Acute effects of vasopressin on potassium and water balance in rats with diabetes insipidus

In rats with hereditary hypothalamic diabetes insipidus (DI), single injections of vasopressin tannate (50-500 mU/animal) induced a dose dependent potassium retention. Sodium balance was only affected by the highest doses of 250 and 500 mU, which induced sodium retention. Serum potassium concentrations slightly increased or remained unchanged after vasopressin administration, whereas serum sodium concentrations decreased. Serum osmolality did not show a significant decrease. In relation to the dose of vasopressin administered, water intake and urine volume decreased. Concomitantly, water was retained; plasma volume increased and hematocrit decreased. Extrarenal water loss of DI rats, which was elevated when compared with rats heterozygous for DI, was restored toward normal levels under the influence of vasopressin.
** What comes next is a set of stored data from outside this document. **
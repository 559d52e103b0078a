-- ===== src/Leader/Secrets.antt =====
-- What the leader leaves of a policy's secret.
use istio_oidc.Common.{
  String, true, ◌∷◌, Option, some, ok, or_else, eqb, if◌then◌else◌, ◌==◌, ◌≡◌, refl, arith, eq_refl,
  Bool-cases, inl, inr, ap, ◌∙◌,
}
use istio_oidc.Common.Map
use istio_oidc.Common.Map.{GoMap, get-put}
use istio_oidc.Api.{ApiAccessPolicy}
use istio_oidc.OpenId.Chars.{text_length}
use istio_oidc.Leader.{
  LeaderCluster, Leader, Write, update_secret, write, with_token_key, renew_secret, event,
  report_empty,
}

module _ (k : LeaderCluster) where
  -- The data after the renewal of a key: what there was, but for a key that had not 64 bytes.
  abbrev pub renewed : String → GoMap String → String → String → Option String
  renewed key data' fresh other =
      if key == other
      then if eqb (text_length (or_else (Map.get key data') "")) 64
        then Map.get other data'
        else some fresh
      else Map.get other data'

  -- What a renewal leaves, at the key itself and at any other one.
  abbrev pub IsRenewed : String → GoMap String → String → String → GoMap String → Type 0
  IsRenewed key data' fresh other out =
      (text_length (or_else (Map.get key out) "") ≡ 64)
      × (Map.get other out ≡ renewed key data' fresh other)

  with_token_key-IsRenewed :
      (key fresh other : String) (data' : GoMap String) (l : Leader)
      → k.random_key ≡ some fresh
      → text_length fresh ≡ 64
      → (out : GoMap String) × (m : Leader) × (with_token_key k key (some data') l
          ≡ (m, ok (some out)))
        × (m.writes ≡ l.writes)
        × IsRenewed key data' fresh other out
  unfolding with_token_key
  with_token_key-IsRenewed key fresh other data' l e long =
      elim (Bool-cases (eqb (text_length (or_else (Map.get key data') "")) 64)) [
        | inl good ↦
            (data', l, ground (arith, good), refl, (ground (arith, good), ground (arith, good)))
        | inr bad ↦ (
          Map.put key fresh data',
          event "GeneratedTokenSecret" (event "GeneratedTokenSecret" l),
          ground (arith, bad, e),
          refl,
          (
            ground (arith, get-put key key fresh data', eq_refl key, long),
            ground (arith, bad, get-put key other fresh data'),
          ),
        )
      ]

  report_empty-writes :
      (key reason : String) (data' : Option (GoMap String)) (l : Leader)
      → (report_empty k key reason data' l).writes ≡ l.writes
  report_empty-writes key reason data' l = ground arith

  -- Where the cluster accepts writes and there are random bytes, the leader writes the secret of a
  -- policy back with a token key of 64 bytes: the one that was there, if it had 64 bytes, and a fresh
  -- one otherwise. All other entries stay.
  pub renew_secret-IsRenewed :
      (pol : ApiAccessPolicy) (data' : GoMap String) (fresh other : String) (l : Leader)
      → k.random_key ≡ some fresh
      → text_length fresh ≡ 64
      → ((w : Write) → k.accepts w ≡ true)
      → (out : GoMap String) × (m : Leader) × (renew_secret k pol (some data') l ≡ (m, ok tt))
        × (m.writes ≡ update_secret pol.spec.oidc.credentials_secret.name (some out) ∷ l.writes)
        × IsRenewed pol.spec.oidc.credentials_secret.token_secret_key data' fresh other out
  unfolding renew_secret write
  renew_secret-IsRenewed pol data' fresh other l e long accepted =
      let ref = pol.spec.oidc.credentials_secret in
      let reported =
        report_empty k ref.client_secret_key "MissingClientSecret" (some data')
          (report_empty k ref.client_id_key "MissingClientID" (some data') l) in
      let (out, m, made, kept, is_renewed) =
        with_token_key-IsRenewed ref.token_secret_key fresh other data' reported e long in
      (
        out,
        record m { writes = update_secret ref.name (some out) ∷ m.writes },
        rw (made, accepted (update_secret ref.name (some out))) refl,
        ap (λ ws. update_secret ref.name (some out) ∷ ws)
            (kept
              ∙ report_empty-writes ref.client_secret_key "MissingClientSecret" (some data')
                  (report_empty k ref.client_id_key "MissingClientID" (some data') l)
              ∙ report_empty-writes ref.client_id_key "MissingClientID" (some data') l),
        is_renewed,
      )
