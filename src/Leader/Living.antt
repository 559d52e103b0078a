-- ===== src/Leader/Living.antt =====
-- What the leader makes of a policy that is not being deleted.
use istio_oidc.Common.{
  String, true, false, List, [], ◌∷◌, ◌++◌, some, Result, ok, eqb, length, if◌then◌else◌, ◌≡◌, ◌⊎◌,
  inl, inr, refl, arith, Elem, Bool-cases, eq_refl, sym, subst,
}
use istio_oidc.Common.Map.{GoMap}
use istio_oidc.Api.{ApiAccessPolicy, normalize}
use istio_oidc.Api.Validation.{validate_spec}
use istio_oidc.OpenId.Chars.{text_length}
use istio_oidc.Worker.{found}
use istio_oidc.Leader.{
  LeaderCluster, Leader, Gateway, Write, update_policy, update_status, create_filter, write,
  contains, finalizer, add_finalizer, remove_finalizer, validation_events, reconcile_spec,
  virtual_hosts, reconcile_status, reconcile_secret, some_filter, reconcile_envoy_filter,
  reconcile_live, reconcile_leader, event, ◌>>>◌,
}
use istio_oidc.Leader.Secrets.{renew_secret-IsRenewed}

-- The policy with the finalizer, and with its defaults.
abbrev pub with_finalizer : ApiAccessPolicy → ApiAccessPolicy
with_finalizer pol = record pol {
  finalizers =
      if contains pol.finalizers finalizer
      then pol.finalizers
      else pol.finalizers ++ finalizer ∷ [];
}

abbrev pub specified : ApiAccessPolicy → ApiAccessPolicy
specified pol = record (with_finalizer pol) { spec = normalize (with_finalizer pol).spec }

contains-append : (xs : List String) (target : String) → contains (xs ++ target ∷ []) target ≡ true
unfolding contains
contains-append [] target = rw (eq_refl target) refl
contains-append (x ∷ xs) target = ground (arith, contains-append xs target)

with_finalizer_lem :
    (pol : ApiAccessPolicy) → contains (with_finalizer pol).finalizers finalizer ≡ true
with_finalizer_lem pol = ground (arith, contains-append pol.finalizers finalizer)

module _ (k : LeaderCluster) where
  -- A step succeeds with a value, and keeps the writes before it.
  abbrev Grows {ℓ} : {A : Type ℓ} → Leader → Leader × Result A → A → Leader → Type ℓ
  Grows l r a m = (r ≡ (m, ok a)) × ((w : Write) → Elem w l.writes → Elem w m.writes)

  -- The policy with the status of its gateway.
  abbrev pub exposed : ApiAccessPolicy → Gateway → ApiAccessPolicy
  exposed pol gw = record (specified pol) {
    status = record { selector = gw.selector; virtual_hosts = virtual_hosts k gw.servers };
  }

  add_finalizer-Grows :
      (pol : ApiAccessPolicy) (l : Leader)
      → pol.deleting ≡ false
      → ((w : Write) → k.accepts w ≡ true)
      → (m : Leader) × Grows l (add_finalizer k pol l) (with_finalizer pol) m
  unfolding add_finalizer write
  add_finalizer-Grows pol l live accepted = elim (Bool-cases (contains pol.finalizers finalizer)) [
    | inl has ↦ (l, (rw (live, has) refl, λ w e. e))
    | inr lacks ↦
        let pol' = record pol { finalizers = pol.finalizers ++ finalizer ∷ [] } in
        (
          record l { writes = update_policy pol' ∷ l.writes },
          (ground (arith, live, lacks, accepted (update_policy pol')), λ w e. inr e),
        )
  ]

  validation_events-writes :
      (errs : List String) (l : Leader) → (validation_events k errs l).writes ≡ l.writes
  validation_events-writes [] l = refl
  validation_events-writes (e ∷ errs) l = validation_events-writes errs (event "Validation" l)

  -- A write that is accepted is the latest of the writes.
  write-Grows :
      (w : Write) (msg : String) (l : Leader)
      → k.accepts w ≡ true
      → Grows l (write k w msg l) tt (record l { writes = w ∷ l.writes })
  unfolding write
  write-Grows w msg l e = (rw e refl, λ v m. inr m)

  >>>-Grows :
      {A B : Type 0} (l m n : Leader) (r : Leader × Result A) (a : A)
      (f : Leader → A → Leader × Result B) (b : B)
      → Grows l r a m
      → Grows m (f m a) b n
      → Grows l (r >>> f) b n
  >>>-Grows l m n r a f b (e, keep) (e', keep') = (rw e e', λ w h. keep' w (keep w h))

  reconcile_spec-Grows :
      (pol : ApiAccessPolicy) (l : Leader)
      → ((w : Write) → k.accepts w ≡ true)
      → (m : Leader) × Grows l (reconcile_spec k pol l) (record pol { spec = normalize pol.spec }) m
        × Elem (update_policy (record pol { spec = normalize pol.spec })) m.writes
  unfolding reconcile_spec write
  reconcile_spec-Grows pol l accepted =
      let pol' = record pol { spec = normalize pol.spec } in
      let told = validation_events k (validate_spec k.net pol.spec []) l in
      (
        record told { writes = update_policy pol' ∷ told.writes },
        (
          rw (accepted (update_policy pol')) refl,
          λ w h. inr (
              subst (Elem w) (sym (validation_events-writes (validate_spec k.net pol.spec []) l))
                h),
        ),
        inl refl,
      )

  reconcile_status-Grows :
      (pol : ApiAccessPolicy) (gw : Gateway) (l : Leader)
      → k.gateways pol.namespace pol.spec.gateway ≡ found gw
      → ((w : Write) → k.accepts w ≡ true)
      → (m : Leader) × Grows l
          (reconcile_status k pol l)
          (record pol {
            status = record { selector = gw.selector; virtual_hosts = virtual_hosts k gw.servers };
          })
          m
        × Elem
            (update_status (record pol {
              status = record {
                selector = gw.selector;
                virtual_hosts = virtual_hosts k gw.servers;
              };
            }))
            m.writes
  unfolding reconcile_status write
  reconcile_status-Grows pol gw l e accepted =
      let pol' = record pol {
        status = record { selector = gw.selector; virtual_hosts = virtual_hosts k gw.servers };
      } in
      (
        record l { writes = update_status pol' ∷ l.writes },
        (ground (arith, e, accepted (update_status pol')), λ w h. inr h),
        inl refl,
      )

  reconcile_secret-Grows :
      (pol : ApiAccessPolicy) (data' : GoMap String) (fresh : String) (l : Leader)
      → k.secrets pol.namespace pol.spec.oidc.credentials_secret.name ≡ found (some data')
      → k.random_key ≡ some fresh
      → text_length fresh ≡ 64
      → ((w : Write) → k.accepts w ≡ true)
      → (m : Leader) × Grows l (reconcile_secret k pol l) tt m
  unfolding reconcile_secret
  reconcile_secret-Grows pol data' fresh l e r long accepted =
      let (out, m, made, writes, _) =
        renew_secret-IsRenewed k pol data' fresh "" l r long accepted in
      (m, (rw (e, reconcile_secret) made, λ w h. subst (Elem w) (sym writes) (inr h)))

  -- The proxy of the gateway has a filter, or the policy has no gateway's selector.
  abbrev pub HasFilter : GoMap String → List (GoMap String) → List Write → Type 0
  HasFilter selector all writes =
      (length selector ≡ 0)
      ⊎ (some_filter k selector all ≡ true)
      ⊎ Elem (create_filter selector) writes

  reconcile_envoy_filter-Grows :
      (pol : ApiAccessPolicy) (all : List (GoMap String)) (l : Leader)
      → k.filters ≡ some all
      → ((w : Write) → k.accepts w ≡ true)
      → (m : Leader) × Grows l (reconcile_envoy_filter k pol l) tt m
        × HasFilter pol.status.selector all m.writes
  unfolding reconcile_envoy_filter write
  reconcile_envoy_filter-Grows pol all l e accepted =
      let selector = pol.status.selector in
      elim (Bool-cases (eqb (length selector) 0)) [
        | inl none_at_all ↦ (l, (rw none_at_all refl, λ w h. h), inl (ground arith))
        | inr some_label ↦ elim (Bool-cases (some_filter k selector all)) [
          | inl there ↦ (l, (rw (some_label, e, there) refl, λ w h. h), inr (inl there))
          | inr lacks ↦ (
            record l { writes = create_filter selector ∷ l.writes },
            (rw (some_label, e, lacks, accepted (create_filter selector)) refl, λ w h. inr h),
            inr (inr (inl refl)),
          )
        ]
      ]

  -- A policy that is not being deleted, with its gateway, its secret and random bytes at hand, and a
  -- cluster that accepts writes: the reconciliation succeeds. It has written the policy with the
  -- finalizer and the defaults, and the status with the hosts and the selector of the gateway; and
  -- there is a filter with that selector, or it made one, unless the selector is empty.
  pub reconcile_leader-live :
      (pol : ApiAccessPolicy) (gw : Gateway) (data' : GoMap String) (all : List (GoMap String))
      (fresh : String) (l : Leader)
      → pol.deleting ≡ false
      → k.gateways pol.namespace pol.spec.gateway ≡ found gw
      → k.secrets pol.namespace pol.spec.oidc.credentials_secret.name ≡ found (some data')
      → k.filters ≡ some all
      → k.random_key ≡ some fresh
      → text_length fresh ≡ 64
      → ((w : Write) → k.accepts w ≡ true)
      → (m : Leader) × (reconcile_leader k (found pol) l ≡ (m, ok tt))
        × (contains (specified pol).finalizers finalizer ≡ true)
        × Elem (update_policy (specified pol)) m.writes
        × Elem (update_status (exposed pol gw)) m.writes
        × HasFilter gw.selector all m.writes
  unfolding reconcile_leader reconcile_live normalize
  reconcile_leader-live pol gw data' all fresh l live gateway secret filters random long accepted =
      let (m1, g1) = add_finalizer-Grows pol l live accepted in
      let (m2, g2, wrote) = reconcile_spec-Grows (with_finalizer pol) m1 accepted in
      let (m3, g3, told) = reconcile_status-Grows (specified pol) gw m2 gateway accepted in
      let (m4, g4) =
        reconcile_secret-Grows (exposed pol gw) data' fresh m3 secret random long accepted in
      let (m5, g5, has) = reconcile_envoy_filter-Grows (exposed pol gw) all m4 filters accepted in
      let p = with_finalizer pol in
      let all_steps : Grows m1 (reconcile_live k p m1) tt m5 =
        >>>-Grows m1 m2 m5 (reconcile_spec k p m1) (specified pol)
          (λ m p'. reconcile_status k p' m >>> λ n q.
            reconcile_secret k q n >>> λ o _. reconcile_envoy_filter k q o)
          tt g2
          (>>>-Grows m2 m3 m5 (reconcile_status k (specified pol) m2) (exposed pol gw)
            (λ n q. reconcile_secret k q n >>> λ o _. reconcile_envoy_filter k q o) tt g3
            (>>>-Grows m3 m4 m5 (reconcile_secret k (exposed pol gw) m3) tt
              (λ o _. reconcile_envoy_filter k (exposed pol gw) o) tt g4 g5)) in
      let whole =
        >>>-Grows l m1 m5 (add_finalizer k pol l) p
          (λ m q. if q.deleting then remove_finalizer k q m else reconcile_live k q m) tt g1
          (subst
            (λ b. Grows m1 (if b then remove_finalizer k p m1 else reconcile_live k p m1) tt m5)
            (sym live) all_steps) in
      (
        m5,
        whole.0,
        with_finalizer_lem pol,
        g5.1 _ (g4.1 _ (g3.1 _ wrote)),
        g5.1 _ (g4.1 _ told),
        has,
      )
It is concluded that in DI rats antidiuretic hormone induces potassium retention via a reduction of tubular flow rates in the distal parts of the nephron. Most of the retained potassium is compartmentalized in the intracellular space, whereas most of the retained water remains extracellularly. For DI rats, the substitution dosage of vasopressin tannate should be below the level that induces sodium retention, i.e., about 100 mU/100 g body wt. (39 references).